Some days ago H. Wickham (Chief Scientist of the RStudio company) posted an article about the RStudio CRAN mirror with this information:
Finally, because every download from a CRAN mirror is logged, CRAN mirrors provide a rich source of data about R and package usage. To date, it’s been hard to get access to this data. We wanted to change that, so you can now download our anonymised log data from cran-logs.rstudio.com.
There has been a number of posts about these download logs (most of them included in the Top 7 articles of the week of R-Bloggers):
- Tracking CRAN packages downloads
- Where is the R activity?
- Top 100 R packages for 2013 (Jan-May)
- A list of R packages, by popularity
More or less explicitely they use the RStudio logs to give an answer to the question «How many people use this R package?». In my opinion, such question cannot be answered safely with the RStudio download logs.
The combination of some data and an aching desire for an answer does not ensure that a reasonable answer can be extracted from a
given body of data. (John Tukey)
Here are my objections, partly inspired by this interesting thread on R-devel.
RStudio mirror logs register download statistics, which is different from usage.
For example, I have downloaded (and installed) most of the packages included in the Top 10 list. Does that mean that I am a user of these packages? No. I only use three of them on a regular basis. The rest of packages were once downloaded to give them a try, or because they were required by another package, etc. On the other hand, I am a regular user of packages that I don’t download from a CRAN mirror because they are already installed with my R (for example, Recommended packages) or because I use Debian packages to install them.
You may be interested in this question in stackoverflow, these posts by D. Eddelbuettel, and this thread about popular R packages.

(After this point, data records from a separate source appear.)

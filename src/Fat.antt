-- ===== src/Fat.antt =====
-- The FAT file system of labs/so25lab3g16, mounted through FUSE.
pub mod Device
pub mod Table
pub mod Util
pub mod Time
pub mod Dentry
pub mod File
pub mod Filename
pub mod Directory
pub mod BigBrother
pub mod Stat
pub mod NodeStore
pub mod Hierarchy
pub mod FileTree
pub mod Mount
pub mod Paths
pub mod Fuse
mod Tests
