-- ===== src/Fat/Device.antt =====
-- What the file system is given by the operating system, and the state its functions share.
-- `pread` and `pwrite` on the volume's descriptor are parameters: the state of the outside world
-- is an abstract type `D`, and so are the clock and the calendar. A volume is its FAT table, the
-- outside world, `errno`, and the memory that `buf` pointers point into.
use famaf_unc.Base.{ℕ, List, Option, none, some}

-- The result of a system call: a value, or -1 with the value of `errno`.
pub data Io {ℓ} (A : Type ℓ) : Type ℓ where
  done : A → Io A
  failed : ℕ → Io A

-- `struct tm`, as far as it is used; `year` counts from 1900 and `mon` from 0.
pub record Tm : Type 0 where
  pub sec : ℕ
  pub minute : ℕ
  pub hour : ℕ
  pub mday : ℕ
  pub mon : ℕ
  pub year : ℕ

-- `pread d count offset`, `pwrite d bytes offset`, `time(NULL)`, `gmtime_r`, `mktime`, and
-- `basename` of libgen.h.
pub record Device (D : Type 0) : Type 0 where
  pub pread : D → ℕ → ℕ → D × Io (List ℕ)
  pub pwrite : D → List ℕ → ℕ → D × Io ℕ
  pub time : D → D × ℕ
  pub gmtime_r : ℕ → Tm
  pub mktime : Tm → ℕ
  pub basename : List ℕ → List ℕ

-- `struct fat_table_s`, without the descriptor.
pub record FatTable : Type 0 where
  pub fat_map : List ℕ
  pub fat_offset : ℕ
  pub num_data_clusters : ℕ
  pub data_start_offset : ℕ
  pub cluster_order : ℕ

pub record Volume (D : Type 0) : Type 0 where
  pub table : FatTable
  pub disk : D
  pub errno : ℕ
  pub mem : ℕ → ℕ

-- The values of `errno` that the functions test or set.
abbrev pub eintr : ℕ
eintr = 4

abbrev pub eio : ℕ
eio = 5

abbrev pub einval : ℕ
einval = 22

abbrev pub enospc : ℕ
enospc = 28

abbrev pub eoverflow : ℕ
eoverflow = 75

-- A run ends with a value and a volume, reads or writes outside an array, or runs out of fuel.
pub data Run (D A : Type 0) : Type 0 where
  ok : A → Volume D → Run D A
  fault : Run D A
  out_of_fuel : Run D A

abbrev pub Cmd : Type 0 → Type 0 → Type 0
Cmd D A = Volume D → Run D A

module _ {D A : Type 0} where
  abbrev pub pure : A → Cmd D A
  pure = ok

  -- A read of the in-memory table, which faults outside of the map.
  abbrev pub lift : Option A → Cmd D A
  lift none v = fault
  lift (some a) v = ok a v

  abbrev pub and_then : {B : Type 0} → Run D A → (A → Cmd D B) → Run D B
  and_then (ok a v) k = k a v
  and_then fault k = fault
  and_then out_of_fuel k = out_of_fuel

module _ {D A B : Type 0} where
  infixl 5 ◌>>=◌ ◌>>◌
  abbrev pub ◌>>=◌ : Cmd D A → (A → Cmd D B) → Cmd D B
  m >>= k = λ v. and_then (m v) k

  abbrev pub ◌>>◌ : Cmd D A → Cmd D B → Cmd D B
  m >> k = m >>= λ _. k
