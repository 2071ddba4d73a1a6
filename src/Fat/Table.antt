-- ===== src/Fat/Table.antt =====
-- fat_table.c: the FAT and the chains of clusters that it links.
pub mod Chain
pub mod Distinct
pub mod Alloc
pub mod Sizes
pub mod Entries
use famaf_unc.Base.{
  ℕ, zero, suc, ◌+◌, ◌-◌, ◌*◌, ◌/◌, ◌%◌, ◌^◌, min, Bool, not, ◌&&◌, Option, none, some, List, [],
  ◌∷◌, ltb, leb, ◌==◌, if◌then◌else◌, ◌>>=?◌, get_elem?, set, drop, length,
}
use famaf_unc.Fat.Device.{Device, FatTable, ok, fault, Cmd, Io, done, failed}

-- FAT_CLUSTER_END_OF_CHAIN_MIN, FAT_CLUSTER_END_OF_CHAIN_MAX, FAT_CLUSTER_FREE,
-- FAT_CLUSTER_BAD_SECTOR
abbrev pub end_of_chain_min : ℕ
end_of_chain_min = 0x0FFFFFF8

abbrev pub end_of_chain_max : ℕ
end_of_chain_max = 0x0FFFFFFF

abbrev pub cluster_free : ℕ
cluster_free = 0

abbrev pub bad_sector : ℕ
bad_sector = 0x0FFFFFF7

-- The sum is a `u32`.
unfoldable pub is_valid_cluster_number : FatTable → ℕ → Bool
is_valid_cluster_number t cluster =
    leb 1 cluster && ltb cluster ((t.num_data_clusters + 2) % 2 ^ 32)

-- A read of the map at `cluster`; `none` is a read outside the map.
abbrev pub entry : FatTable → ℕ → Option ℕ
entry t cluster = get_elem? t.fat_map cluster

-- `if◌then◌else◌` on an entry read.
unfoldable pub end_unless_valid : FatTable → ℕ → ℕ
unfolding is_valid_cluster_number
end_unless_valid t next = if is_valid_cluster_number t next then next else end_of_chain_max

unfoldable pub get_next_cluster : FatTable → ℕ → Option ℕ
unfolding end_unless_valid
get_next_cluster t cur = entry t cur >>=? λ next. some (end_unless_valid t next)

abbrev pub bytes_per_cluster : FatTable → ℕ
bytes_per_cluster t = 2 ^ t.cluster_order

-- `offset & (bytes_per_cluster - 1)`, for a power of two.
abbrev pub mask_offset : ℕ → FatTable → ℕ
mask_offset offset t = offset % bytes_per_cluster t

unfoldable pub get_cluster_remaining_bytes : FatTable → ℕ → ℕ → ℕ
get_cluster_remaining_bytes t bytes_remaining offset =
    min (bytes_per_cluster t - mask_offset offset t) bytes_remaining

-- `>> cluster_order`, and the conversion to the `u32` that is returned.
unfoldable pub get_clusters_for_size : FatTable → ℕ → ℕ
get_clusters_for_size t file_size =
    ((file_size + (bytes_per_cluster t - 1)) / bytes_per_cluster t) % 2 ^ 32

-- The loop from entry `i`, where `es` is the rest of the map; past its end the read faults.
unfoldable pub first_free : ℕ → List ℕ → Option ℕ
first_free i [] = none
first_free i (e ∷ es) = if e == cluster_free then some i else first_free (i + 1) es

unfoldable pub get_next_free_cluster : FatTable → Option ℕ
unfolding first_free end_unless_valid
get_next_free_cluster t = first_free 2 (drop 2 t.fat_map) >>=? λ c. some (end_unless_valid t c)

-- `cluster - 2` is a `u32`.
unfoldable pub cluster_offset : FatTable → ℕ → ℕ
cluster_offset t cluster =
    t.data_start_offset + ((cluster + 2 ^ 32 - 2) % 2 ^ 32) * 2 ^ t.cluster_order

unfoldable pub is_cluster_used : FatTable → ℕ → Option Bool
is_cluster_used t cluster = entry t cluster >>=? λ e. some (not (e == cluster_free))

unfoldable pub seek_loop : ℕ → FatTable → ℕ → Option ℕ
seek_loop zero t cluster = some cluster
seek_loop (suc n) t cluster =
    if cluster == end_of_chain_max
    then some 0
    else get_next_cluster t cluster >>=? λ next. seek_loop n t next

-- `positions_to_move` is a `u32`.
unfoldable pub seek_cluster : FatTable → ℕ → ℕ → Option ℕ
unfolding seek_loop
seek_cluster t start offset = seek_loop (offset / 2 ^ t.cluster_order % 2 ^ 32) t start

unfoldable pub cluster_is_eoc : ℕ → Bool
cluster_is_eoc cluster = leb end_of_chain_min cluster && leb cluster end_of_chain_max

unfoldable pub cluster_is_bad_sector : ℕ → Bool
cluster_is_bad_sector cluster = cluster == bad_sector

unfoldable pub cluster_is_valid : ℕ → Bool
unfolding cluster_is_eoc cluster_is_bad_sector
cluster_is_valid cluster = not (cluster_is_eoc cluster) && not (cluster_is_bad_sector cluster)

-- The four bytes of a little-endian `u32`.
abbrev pub le32_bytes : ℕ → List ℕ
le32_bytes n = n % 256 ∷ n / 256 % 256 ∷ n / 65536 % 256 ∷ n / 16777216 % 256 ∷ []

-- The int that a function of the table returns: 0, or -1.
pub data Status : Type 0 where
  success failure : Status

-- The table with the entry of `cluster` overwritten.
abbrev pub with_entry : FatTable → ℕ → ℕ → FatTable
with_entry t cluster next = record t { fat_map = set t.fat_map cluster next }

-- The in-memory write; outside the map it faults.
unfoldable pub set_entry : {D : Type 0} → ℕ → ℕ → Cmd D Status
set_entry cur next v =
    if ltb cur (length v.table.fat_map)
    then ok success (record v { table = with_entry v.table cur next })
    else fault

-- After the call of `pwrite`: the map is changed only if something was written.
unfoldable pub after_entry_write : {D : Type 0} → ℕ → ℕ → Io ℕ → Cmd D Status
unfolding set_entry
after_entry_write cur next (failed e) v = ok failure (record v { errno = e })
after_entry_write cur next (done zero) v = ok failure v
after_entry_write cur next (done (suc n)) v = set_entry cur next v

-- `cur_cluster * 4` is a `u32`.
unfoldable pub set_next_cluster : {D : Type 0} → Device D → ℕ → ℕ → Cmd D Status
unfolding after_entry_write
set_next_cluster dev cur next v =
    let (disk', r) =
      dev.pwrite v.disk (le32_bytes next) ((cur * 4) % 2 ^ 32 + v.table.fat_offset) in
    after_entry_write cur next r (record v { disk = disk' })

The RStudio mirror is only one of the network of the Comprehensive R Archive Network of servers.
CRAN includes today 90 mirrors worldwide. Thus, the RStudio logs represent only a fraction of the total download values.
Reading this message in the thread on R-devel I discovered that log files have also been readily available from the main CRAN mirror for years: http://www.r-project.org/awstats/awstats.cran.r-project.org.html http://cran.r-project.org/report_cran.html
The RStudio mirror is a sample that cannot be safely regarded as representative of the mirrors network.
The mirrors of the Comprehensive R Archive Network, mostly operated by public or nonprofit institutions, provide faster package downloads for users at their geographical location. The RStudio mirror is different:
- It is a virtual machine run by Amazon’s EC2 service using Amazon CloudFront, a web service for content delivery automatically routed to the nearest edge location.
- It is operated by a private company.
RStudio is a company dedicated to providing software, education, and services for the R statistical computing environment. (From http://www.rstudio.com/about/)
The RStudio company promotes a list of courses focused on the packages developed and maintained by their team. Besides, one of the main products of this company, the RStudio IDE, uses the RStudio mirror as the default choice for RStudio. Let’s assume that most RStudio users do not deliberately choose a different mirror. Then, a significant percentage of the RStudio mirror logs are affected by the choices of the RStudio IDE users community, which in turn could be partly influenced by the RStudio training philosophy.
I would like to close this post with a warning raised by J. Ryan at the previously mentioned R-devel thread:
While I think download statistics are potentially interesting for developers, done incorrectly it can very likely damage the community.